--- START ---
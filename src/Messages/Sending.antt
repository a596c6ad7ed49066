-- ===== src/Messages/Sending.antt =====
-- What a task that sends to Matrix has sent, and what it answers with.
use matrix_bridge_discord.Prelude.{
  List, [], ◌∷◌, ◌++◌, String, Bool, true, false, not, Option, none, some, ◌≡◌, ◌⊎◌, refl, arith,
  Result, ok, err, Bool-cases, inl, inr, ltb, is_nil, All, if◌then◌else◌,
}
use matrix_bridge_discord.Text.{is_empty}
use matrix_bridge_discord.MessageFlow.{OutboundMatrixMessage, render_body}
use matrix_bridge_discord.FromMatrix.Delivery.{Posted, Grown, Grown_refl, Grown_trans, Posted-Grown}
use matrix_bridge_discord.BridgeLogic.{RoomMapping}
use matrix_bridge_discord.Rooms.Store.{RoomStore}
use matrix_bridge_discord.Rooms.Tasks.{
  Call, send_message_with_metadata, download, upload_media, Outside, MediaInfo, World, Task, After,
  follow-After, After-cases, After-weaken,
}
use matrix_bridge_discord.Messages.Store.{MessageStore}
use matrix_bridge_discord.Messages.{
  max_matrix_bytes, send, send_url, send_uploaded, send_attachment_as, send_attachment,
  send_attachments, send_body, or_no_message, send_to_matrix_with_attachments,
  send_to_matrix_message, send_to_room,
}
use matrix_bridge_discord.Messages.Sent.{
  SendsTo, Carries, Says, Contents, Sent, SameDb, SentMaybe, SentMaybe-SameDb, All-Posted-later,
  All-is_nil,
}

module _ {S : Type 0} (rooms : RoomStore S) (messages : MessageStore S) (outside : Outside S)
    (room sender : String) (w : World S) where
  -- A task that sends what is described after the world `v`, or fails and leaves the store alone.
  abbrev Sends : (Call → Type 0) → World S → Task S String → Type 0
  Sends described v t =
      (w' : World S)
      → SameDb outside room sender w w'
      → Grown v w'
      → After
          (λ event w''.
            Sent outside room sender w event w'' × Grown v w'' × Posted outside described w''.calls)
          (SameDb outside room sender w) (t w')

  send-Sent :
      (described : Call → Type 0) (v : World S) (c : Call)
      → described c
      → SendsTo room sender c
      → Sends described v (send rooms messages outside c)
  send-Sent described v c as_described to w' same g =
      After-cases
        (λ event w''.
          Sent outside room sender w event w'' × Grown v w'' × Posted outside described w''.calls)
        (SameDb outside room sender w) (outside.sent w'.calls c) _
        (λ event e. (
          record {
            before = w'.calls;
            last = c;
            at_end = refl;
            addressed = to;
            answer = e;
            same_db = same;
          },
          Grown_trans v w' (record w' { calls = w'.calls ++ c ∷ [] }) g
              record { more = c ∷ []; calls = refl; same_db = refl },
          record {
            before = w'.calls;
            it = c;
            behind = [];
            at = refl;
            id = event;
            accepted = e;
            as_described = as_described;
          },
        ))
        (λ text e. same)

  module _ (v : World S) (url : String) (reply : Option String) where
    abbrev It : Call → Type 0
    It = Carries outside room sender reply url

    send_url-Sent :
        (label : String) → Sends It v (send_url rooms messages outside room sender label url reply)
    send_url-Sent label = send-Sent It v _ (inr (label, refl)) (refl, refl)

    send_uploaded-Sent :
        (media : MediaInfo) (log log' : List Call) (uploaded : Result String String)
        → outside.media log url ≡ ok media
        → outside.uploaded log' media ≡ uploaded
        → Sends It v (send_uploaded rooms messages outside room sender url media reply uploaded)
    send_uploaded-Sent media log log' (ok uri) got put =
        send-Sent It v _ (inl (media, uri, log, log', got, put, refl)) (refl, refl)
    send_uploaded-Sent media log log' (err e) got put = send_url-Sent media.filename

    send_attachment_as-Sent :
        (log : List Call) (answer : Result String MediaInfo)
        → outside.media log url ≡ answer
        → Sends It v (send_attachment_as rooms messages outside room sender url reply answer)
    send_attachment_as-Sent log (err e) got w' same g = send_url-Sent "Attachment" w' same g
    send_attachment_as-Sent log (ok media) got w' same g =
        elim (Bool-cases (ltb max_matrix_bytes media.size)) [
          | inl large ↦ rw large (send_url-Sent media.filename w' same g)
          | inr small ↦
              let asked : World S = record w' { calls = w'.calls ++ upload_media media ∷ [] } in
              rw small (
                send_uploaded-Sent media log w'.calls (outside.uploaded w'.calls media) got refl
                  asked same
                  (Grown_trans v w' asked g
                    record { more = upload_media media ∷ []; calls = refl; same_db = refl }))
        ]

  send_attachments-Sent :
      (reply last : Option String) (urls : List String) (w' : World S)
      → SentMaybe outside room sender w last w'
      → After
          (λ last' w''.
            SentMaybe outside room sender w last' w''
            × Grown w' w''
            × All (λ url. Posted outside (Carries outside room sender reply url) w''.calls) urls)
          (SameDb outside room sender w)
          (send_attachments rooms messages outside room sender reply last urls w')
  send_attachments-Sent reply last [] w' h = (h, Grown_refl w', tt)
  send_attachments-Sent reply last (url ∷ urls) w' h =
      let one = send_attachment rooms messages outside room sender reply url w' in
      let asked : World S = record w' { calls = w'.calls ++ download url ∷ [] } in
      let It = Carries outside room sender reply in
      let First : String → World S → Type 0 = λ event w''.
        Sent outside room sender w event w'' × Grown w' w'' × Posted outside (It url) w''.calls in
      let Every : Option String → World S → Type 0 = λ last' w''.
        SentMaybe outside room sender w last' w''
        × Grown w' w''
        × All (λ u. Posted outside (It u) w''.calls) (url ∷ urls) in
      follow-After First Every (SameDb outside room sender w) one.0 one.1 _
        (send_attachment_as-Sent w' url reply w'.calls (outside.media w'.calls url) refl asked
          (SentMaybe-SameDb outside room sender w last w' h)
          record { more = download url ∷ []; calls = refl; same_db = refl })
        (λ event w1 sent.
          let rest =
            send_attachments rooms messages outside room sender reply (some event) urls w1 in
          After-weaken
            (λ last' w''.
              SentMaybe outside room sender w last' w''
              × Grown w1 w''
              × All (λ u. Posted outside (It u) w''.calls) urls)
            (SameDb outside room sender w) Every rest
            (send_attachments-Sent reply (some event) urls w1 sent.0)
            (λ last' w2 k. (
              k.0,
              Grown_trans w' w1 w2 sent.1 k.1,
              (Posted-Grown outside (It url) w1 w2 k.1 sent.2, k.2),
            )))

  send_body-Sent :
      (outbound : OutboundMatrixMessage) (last : Option String) (w' : World S)
      → SentMaybe outside room sender w last w'
      → After
          (λ last' w''.
            SentMaybe outside room sender w last' w''
            × Grown w' w''
            × ((is_empty outbound.body ≡ true)
                ⊎ Posted outside (Says room sender outbound.body outbound) w''.calls))
          (SameDb outside room sender w)
          (send_body rooms messages outside room sender outbound last w')
  send_body-Sent outbound last w' h = elim (Bool-cases (is_empty outbound.body)) [
    | inl none_said ↦ rw none_said (h, Grown_refl w', inl refl)
    | inr said ↦
        let c =
          send_message_with_metadata room sender outbound.body outbound.reply_to outbound.edit_of in
        let one = send rooms messages outside c w' in
        let It = Says room sender outbound.body outbound in
        rw said (
          follow-After
            (λ event w''.
              Sent outside room sender w event w'' × Grown w' w'' × Posted outside It w''.calls)
            (λ last' w''.
              SentMaybe outside room sender w last' w''
              × Grown w' w''
              × ((false ≡ true) ⊎ Posted outside It w''.calls))
            (SameDb outside room sender w) one.0 one.1 _
            (send-Sent It w' c refl (refl, refl) w'
              (SentMaybe-SameDb outside room sender w last w' h) (Grown_refl w'))
            (λ event w'' sent. (sent.0, sent.1, inr sent.2)))
  ]

  -- What a message of the room has become.
  abbrev pub SentAll : OutboundMatrixMessage → String → World S → Type 0
  SentAll outbound event w'' =
      Sent outside room sender w event w'' × Contents outside room sender outbound w''.calls

  or_no_message-Sent :
      (C : World S → Type 0) (last : Option String) (w' : World S)
      → SentMaybe outside room sender w last w'
      → C w'
      → After
          (λ event w''. Sent outside room sender w event w'' × C w'')
          (SameDb outside room sender w)
          (or_no_message rooms messages outside last w')
  or_no_message-Sent C none w' h k = h
  or_no_message-Sent C (some event) w' h k = (h, k)

  send_to_matrix_with_attachments-Sent :
      (outbound : OutboundMatrixMessage) (w' : World S)
      → is_nil outbound.attachments ≡ false
      → SameDb outside room sender w w'
      → After
          (SentAll outbound)
          (SameDb outside room sender w)
          (send_to_matrix_with_attachments rooms messages outside room sender outbound w')
  unfolding send_to_matrix_with_attachments
  send_to_matrix_with_attachments-Sent outbound w' some_attached same =
      let attached =
        send_attachments rooms messages outside room sender outbound.reply_to none
          outbound.attachments w' in
      let It = Carries outside room sender outbound.reply_to in
      let Text : World S → Type 0 = λ w2.
        (is_empty outbound.body ≡ true)
        ⊎ Posted outside (Says room sender outbound.body outbound) w2.calls in
      follow-After
        (λ last w1.
          SentMaybe outside room sender w last w1
          × Grown w' w1
          × All (λ url. Posted outside (It url) w1.calls) outbound.attachments)
        (SentAll outbound) (SameDb outside room sender w) attached.0 attached.1 _
        (send_attachments-Sent outbound.reply_to none outbound.attachments w' same)
        (λ last w1 h1.
          let body = send_body rooms messages outside room sender outbound last w1 in
          follow-After
            (λ last' w2. SentMaybe outside room sender w last' w2 × Grown w1 w2 × Text w2)
            (SentAll outbound) (SameDb outside room sender w) body.0 body.1 _
            (send_body-Sent outbound last w1 h1.0)
            (λ last' w2 h2.
              or_no_message-Sent (λ w3. Contents outside room sender outbound w3.calls) last' w2
                h2.0
                record {
                  attached = All-Posted-later outside It outbound.attachments w1 w2 h2.1 h1.2;
                  said = inr (some_attached, h2.2);
                }))

  send_to_matrix_message-Sent :
      (outbound : OutboundMatrixMessage) (w' : World S)
      → is_nil outbound.attachments ≡ true
      → SameDb outside room sender w w'
      → After
          (SentAll outbound)
          (SameDb outside room sender w)
          (send_to_matrix_message rooms messages outside room sender outbound w')
  unfolding send_to_matrix_message
  send_to_matrix_message-Sent outbound w' bare same =
      let It = Says room sender (render_body outbound) outbound in
      let t = send_to_matrix_message rooms messages outside room sender outbound w' in
      After-weaken
        (λ event w''.
          Sent outside room sender w event w'' × Grown w' w'' × Posted outside It w''.calls)
        (SameDb outside room sender w) (SentAll outbound) t
        (send-Sent It w' _ refl (refl, refl) w' same (Grown_refl w'))
        (λ event w'' h. (
          h.0,
          record { attached = All-is_nil _ outbound.attachments bare; said = inl (bare, h.2) },
        ))

chosen-After :
    {S : Type 0} (Q : String → World S → Type 0) (R : World S → Type 0) (b c : Bool)
    (x y : Task S String) (w : World S)
    → b ≡ c
    → After Q R ((if c then y else x) w)
    → After Q R ((if not b then x else y) w)
chosen-After Q R true true x y w e h = h
chosen-After Q R false false x y w e h = h
chosen-After Q R true false x y w e h = ground arith
chosen-After Q R false true x y w e h = ground arith

pub send_to_room-Sent :
    {S : Type 0} (rooms : RoomStore S) (messages : MessageStore S) (outside : Outside S)
    (m : RoomMapping) (sender : String) (outbound : OutboundMatrixMessage) (w w' : World S)
    → w'.db ≡ w.db
    → After
        (SentAll rooms messages outside m.matrix_room_id sender w outbound)
        (SameDb outside m.matrix_room_id sender w)
        (send_to_room rooms messages outside m sender outbound w')
send_to_room-Sent rooms messages outside m sender outbound w w' same =
    let bare = send_to_matrix_message rooms messages outside m.matrix_room_id sender outbound in
    let full =
      send_to_matrix_with_attachments rooms messages outside m.matrix_room_id sender outbound in
    elim (Bool-cases (is_nil outbound.attachments)) [
      | inl e ↦ chosen-After _ _ (is_nil outbound.attachments) true full bare w' e (
          send_to_matrix_message-Sent rooms messages outside m.matrix_room_id sender w outbound w' e
            same)
      | inr e ↦ chosen-After _ _ (is_nil outbound.attachments) false full bare w' e (
          send_to_matrix_with_attachments-Sent rooms messages outside m.matrix_room_id sender w
            outbound w' e same)
    ]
--- END ---
EXERCISE> The response should hold exactly the lines starting at the line with "outbound.body outbound) w''.calls))" and ending at the line with "-- What a message of the room has become.", and no other line of the material above.

OUTPUT FOR THIS TASK>
                ⊎ Posted outside (Says room sender outbound.body outbound) w''.calls))
          (SameDb outside room sender w)
          (send_body rooms messages outside room sender outbound last w')
  send_body-Sent outbound last w' h = elim (Bool-cases (is_empty outbound.body)) [
    | inl none_said ↦ rw none_said (h, Grown_refl w', inl refl)
    | inr said ↦
        let c =
          send_message_with_metadata room sender outbound.body outbound.reply_to outbound.edit_of in
        let one = send rooms messages outside c w' in
        let It = Says room sender outbound.body outbound in
        rw said (
          follow-After
            (λ event w''.
              Sent outside room sender w event w'' × Grown w' w'' × Posted outside It w''.calls)
            (λ last' w''.
              SentMaybe outside room sender w last' w''
              × Grown w' w''
              × ((false ≡ true) ⊎ Posted outside It w''.calls))
            (SameDb outside room sender w) one.0 one.1 _
            (send-Sent It w' c refl (refl, refl) w'
              (SentMaybe-SameDb outside room sender w last w' h) (Grown_refl w'))
            (λ event w'' sent. (sent.0, sent.1, inr sent.2)))
  ]

  -- What a message of the room has become.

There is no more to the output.